German Alternative protesters
In 1936 they would have probably been singling out a different group.

There is a guy in Germany who runs a blog in the Russian language which draws a readership of 100,000 fellow ex-Soviet Germans. He also campaigns for the anti-establishment AfD (Alternative for Germany) party which has been making major inroads in securing support from the Russian speakers as well as other Germans.

That can mean only one thing: it is time to proclaim Russian Germans a giant trojan horse of Vladimir Putin.

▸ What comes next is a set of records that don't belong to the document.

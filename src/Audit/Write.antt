-- ===== src/Audit/Write.antt =====
-- The write loop of collaboration/audit.py.
use jn_engine_contributor_mc.Base.{
  ℕ, zero, suc, ◌+◌, ◌-◌, ◌≤◌, ◌≡◌, ◌≢◌, inl, inr, Option, Option-cases, arith,
}
use jn_engine_contributor_mc.Audit.{write_all, out_of_fuel, failed}

-- With fuel for each byte that is left, the write loop never runs out of fuel.
pub write_all-returns :
    (fuel : ℕ) (writes : ℕ → Option ℕ) (i left : ℕ)
    → left ≤ fuel
    → write_all fuel writes i left ≢ out_of_fuel
unfolding write_all
write_all-returns zero writes i zero h = λ e. cc
write_all-returns zero writes i (suc left) h = absurd (omega arith)
write_all-returns (suc fuel) writes i zero h = λ e. cc
write_all-returns (suc fuel) writes i (suc left) h = elim (Option-cases (writes i)) [
  | inl e ↦ ground arith
  | inr (zero, e) ↦ ground arith
  | inr (suc n, e) ↦ ground (arith, write_all-returns fuel writes (i + 1) (left - n))
]

-- A failed loop leaves some bytes, and no more than there were.
pub write_all-left :
    (fuel : ℕ) (writes : ℕ → Option ℕ) (i left k : ℕ)
    → write_all fuel writes i left ≡ failed k
    → (1 ≤ k) × (k ≤ left)
unfolding write_all
write_all-left zero writes i zero k h = cc
write_all-left zero writes i (suc left) k h = cc
write_all-left (suc fuel) writes i zero k h = cc
write_all-left (suc fuel) writes i (suc left) k h = elim (Option-cases (writes i)) [
  | inl e ↦ ground arith
  | inr (zero, e) ↦ ground arith
  | inr (suc n, e) ↦ ground (arith, write_all-left fuel writes (i + 1) (left - n) k)
]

That's certainly true according to Bloomberg:

But if Putin has a Trojan Horse in German politics, it's an estimated 2.5 million voters who like Schmidt speak Russian and make up the country's largest minority voting bloc.

Most so-called Russian Germans have ancestors who moved to the Russian Empire to farm and began to return en masse after the Cold War. Up to three-fifths of these people consider Russian TV more trustworthy than domestic broadcasts and 40 percent say it's their main source of news, a survey by the Bonn-based Boris Nemtsov Foundation for Freedom shows.

So far, polls show Merkel more popular than her Social Democrat challenger Martin Schulz, though her CDU's margin over his SPD is much narrower. The AfD has pulled support mainly from Merkel, luring an estimated 1.5 million Russian speakers like Schmidt with its strident opposition to the largest flow of migrants into Europe since the Second World War.

Bloomberg article
Funny stuff. If you're a Russian German in Germany you better get your news from Bloomberg and vote the way everybody else does or you're a threat.

Bloomberg even includes a map that shows where the traitor population lives:

Geographical distribution of Russian Germans map
Bloomberg, 1936 called and it wants its talking points back.